Instant controlled pressure drop (DIC) technology can be defined as a highly appropriate UHT-type decontamination process that can be applied to powders and other dry solid biological materials. This operation also involves thermal stress by both heating and, to a much greater extent, instant cooling. Another stress is induced by vapor constraints acting on the cell walls due to the rapid drop in pressure. This usually induces an explosion of the cell walls of both the vegetative and the spore forms.

Because of these different thermal and mechanical stresses, industrial uses of DIC are very effective for a wide variety of very sensitive biological products. Decontamination is usually optimized according to the product quality to be obtained. Since the number of cycles is a relevant operating parameter, competing with temperature and thermal processing time, multi-cycle DIC treatment is an increasingly appropriate and convenient industrial decontamination process. DIC reactors are currently operating at laboratory, pilot, and industrial scales.
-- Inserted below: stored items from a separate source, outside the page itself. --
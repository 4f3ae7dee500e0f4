-- ===== src/Voice/Sender/Terminal/Steps.antt =====
-- crates/voicetastic-core/src/voice/sender.rs: the steps of the sender, of its listener and of its
-- tasks.
use voicetastic_core.Prelude.{
  ℕ, true, Option, none, some, List, ◌∷◌, ◌==◌, ==_iff, inl, inr, ◌≡◌, refl, sym, ap, subst, ◌∙◌,
  Bool-cases,
}
use voicetastic_core.Prelude.Assoc.{lookup, remove}
use voicetastic_core.Prelude.Assoc.Laws.{
  number-IsTest, lookup-remove_self, lookup-remove_other, lookup-cons_other, Distinct-remove,
}
use voicetastic_core.Proto.Error.{Result, ok, err, ◌>>=◌}
use voicetastic_core.Proto.Mac.{Sha256}
use voicetastic_core.Proto.ReedSolomon.{ReedSolomon}
use voicetastic_core.Prelude.Int.{ℤ}
use voicetastic_core.Proto.Builder.{EncodedMessage}
use voicetastic_core.Voice.Nack.{NackInfo}
use voicetastic_core.Voice.Assembler.State.{is_some}
use voicetastic_core.Voice.Sender.{
  SendRequest, gave_up, is_terminal, status_id, VoiceSender, SendTask, is_active, Draw,
  fresh_message_id, start_send, new_task, send, clean_up,
}
use voicetastic_core.Voice.Sender.System.{
  System, sent, answered, Step, sends, runs, hears, answers, lags, goes_on, wakes, Reach, start,
  later,
}
use voicetastic_core.Voice.Sender.Requests.{on_nack, note_lagged}
use voicetastic_core.Voice.Sender.Terminal.Quiet.{
  terminals, same-IsQuiet, serve_round-IsQuiet, batch_step-IsQuiet, wake_step-IsQuiet,
}
use voicetastic_core.Voice.Sender.Terminal.Heard.{names, trusted_nack-names}
use voicetastic_core.Voice.Sender.Terminal.Accounts.{moved, unheard, noticed, gives_up, begins}
use voicetastic_core.Voice.Sender.Terminal.Moves.{run_send-Ran}
use voicetastic_core.Voice.Sender.Terminal.Kept.{
  stage, IsAccounted, init-IsAccounted, quiet-IsAccounted, tell-IsAccounted, runs-IsAccounted,
}

lookup-cons_equal :
    {V : Type 0} (id j : ℕ) (v : V) (t : List (ℕ × V))
    → (id == j) ≡ true
    → lookup ◌==◌ id ((j, v) ∷ t) ≡ some v
unfolding lookup
lookup-cons_equal id j v t on = rw on refl

-- `send` puts in an active entry and a task that starts.
start_send-IsAccounted :
    (req : SendRequest) (j : ℕ) (encoded : EncodedMessage) (now : ℕ) (lora : Option ℤ) (y : System)
    → lookup ◌==◌ j y.tasks ≡ none
    → IsAccounted y
    → IsAccounted (sent (start_send req j encoded now y.sender) j (new_task req lora encoded) y)
unfolding start_send new_task is_active terminals is_terminal
start_send-IsAccounted req j encoded now lora y new inv = record {
  distinct = (
    lookup-remove_self ◌==◌ number-IsTest j y.sender.active inv.distinct,
    Distinct-remove ◌==◌ number-IsTest j y.sender.active inv.distinct,
  );
  held = λ id. elim (Bool-cases (id == j)) [
    | inl on ↦
        let entry = lookup-cons_equal id j _ (remove ◌==◌ j y.sender.active) on in
        let task = lookup-cons_equal id j (new_task req lora encoded) y.tasks on in
        let new' : lookup ◌==◌ id y.tasks ≡ none = rw ((==_iff id j).0 on) new in
        let told = begins (ap stage new') (inv.held id) in
        moved refl (ap is_some entry) refl (ap stage task) told
    | inr off ↦
        let gone = lookup-remove_other ◌==◌ number-IsTest id j y.sender.active off in
        let entry =
          lookup-cons_other ◌==◌ number-IsTest id j _ (remove ◌==◌ j y.sender.active) off in
        let task =
          lookup-cons_other ◌==◌ number-IsTest id j (new_task req lora encoded) y.tasks off in
        moved refl (ap is_some (entry ∙ gone)) refl (ap stage task) (inv.held id)
  ];
}

answers-IsAccounted :
    (clock : ℕ → ℕ) (pacing : ℕ) (y : System) (h : Option (ℕ × NackInfo))
    → y.heard ≡ h
    → IsAccounted y
    → IsAccounted (answered (on_nack clock pacing h y.sender) y)
unfolding on_nack clean_up is_terminal status_id
answers-IsAccounted clock pacing y none e inv =
    quiet-IsAccounted y _ (same-IsQuiet y.sender _ refl refl) inv.distinct
      (λ id. unheard (inv.held id))
answers-IsAccounted clock pacing y (some (k, nack)) e inv = elim (Bool-cases nack.give_up) [
  | inl on ↦
      let j = nack.message_id in
      rw on (
        tell-IsAccounted y _ j (gave_up j) inv refl refl refl refl
          (λ id off. (rw e (sym off), refl))
          (gives_up (ap (names j) e ∙ (==_iff j j).1 refl) (inv.held j)))
  | inr off ↦ rw off (
      quiet-IsAccounted y _
        (serve_round-IsQuiet 3 clock nack.message_id nack.missing pacing y.sender) inv.distinct
        (λ id. unheard (inv.held id)))
]

-- What `send` returns, when it does.
pub send_chain :
    {A E : Type 0} (draw : Result ℕ) (build : ℕ → Result E) (k : ℕ → E → A) (x : A)
    → (do id ← draw; encoded ← build id; ok (k id encoded)) ≡ ok x
    → (id : ℕ) × (encoded : E) × (k id encoded ≡ x)
send_chain (err e) build k x q = absurd cc
send_chain (ok id) build k x q =
    elim (build id) as (λ r. (r >>= λ m. ok (k id m)) ≡ ok x → (j : ℕ) × (m : _) × (k j m ≡ x)) [
      | ok m ↦ λ q'. (id, m, cc)
      | err e ↦ λ q'. absurd cc
    ]
      q

send-IsAccounted :
    (sha : Sha256) (rs : ReedSolomon) (draw : ℕ → Draw) (size : ℕ) (lora : Option ℤ) (now : ℕ)
    (req : SendRequest) (y : System) (s : VoiceSender) (id : ℕ) (t : SendTask)
    → send sha rs draw size lora now req y.sender ≡ ok (s, id, t)
    → lookup ◌==◌ id y.tasks ≡ none
    → IsAccounted y
    → IsAccounted (sent s id t y)
unfolding send
send-IsAccounted sha rs draw size lora now req y s id t e new inv =
    let (j, encoded, q) = send_chain (fresh_message_id draw y.sender) _ _ (s, id, t) e in
    let known : id ≡ j = cc q in
    let kept = start_send-IsAccounted req j encoded now lora y (rw (sym known) new) inv in
    subst (λ (r : VoiceSender × ℕ × SendTask). IsAccounted (sent r.0 r.1 r.2 y)) q kept

Step-IsAccounted : {y z : System} → Step y z → IsAccounted y → IsAccounted z
unfolding note_lagged
Step-IsAccounted (sends sha rs draw size lora now req y s id t e new) inv =
    send-IsAccounted sha rs draw size lora now req y s id t e new inv
Step-IsAccounted (runs id now event y t found) inv =
    runs-IsAccounted id y t _ _ found (run_send-Ran id now event y.sender t) inv
Step-IsAccounted (hears sha incoming y) inv =
    quiet-IsAccounted y _ (same-IsQuiet y.sender _ refl refl) inv.distinct
      (λ id. noticed _ (trusted_nack-names sha incoming y.sender id) (inv.held id))
Step-IsAccounted (answers clock pacing y) inv = answers-IsAccounted clock pacing y y.heard refl inv
Step-IsAccounted (lags n y) inv =
    quiet-IsAccounted y _ (same-IsQuiet y.sender _ refl refl) inv.distinct inv.held
Step-IsAccounted (goes_on accepted id plan pre post y e) inv =
    quiet-IsAccounted y _ (batch_step-IsQuiet accepted id plan y.sender) inv.distinct inv.held
Step-IsAccounted (wakes id deadline pacing clock pre post y e) inv =
    quiet-IsAccounted y _ (wake_step-IsQuiet id pacing clock y.sender) inv.distinct inv.held

pub Reach-IsAccounted : {y : System} → Reach y → IsAccounted y
Reach-IsAccounted start = init-IsAccounted
Reach-IsAccounted (later r s) = Step-IsAccounted s (Reach-IsAccounted r)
Thus, there are several infrastructure models with different features and capabilities; the energy consumption has been calculated to be 0.110 kWh per kg and per cycle.

This work described the identification and industrial uses of a thermomechanical destruction of microorganisms, which is mainly valid for solid products or powders. DIC can advantageously replace conventional processes in this field where many new treatments, such as radiation (γ, ultraviolet, acoustic) or mechanical (UHP, ultrasound) treatments, when possible, have only had limited use.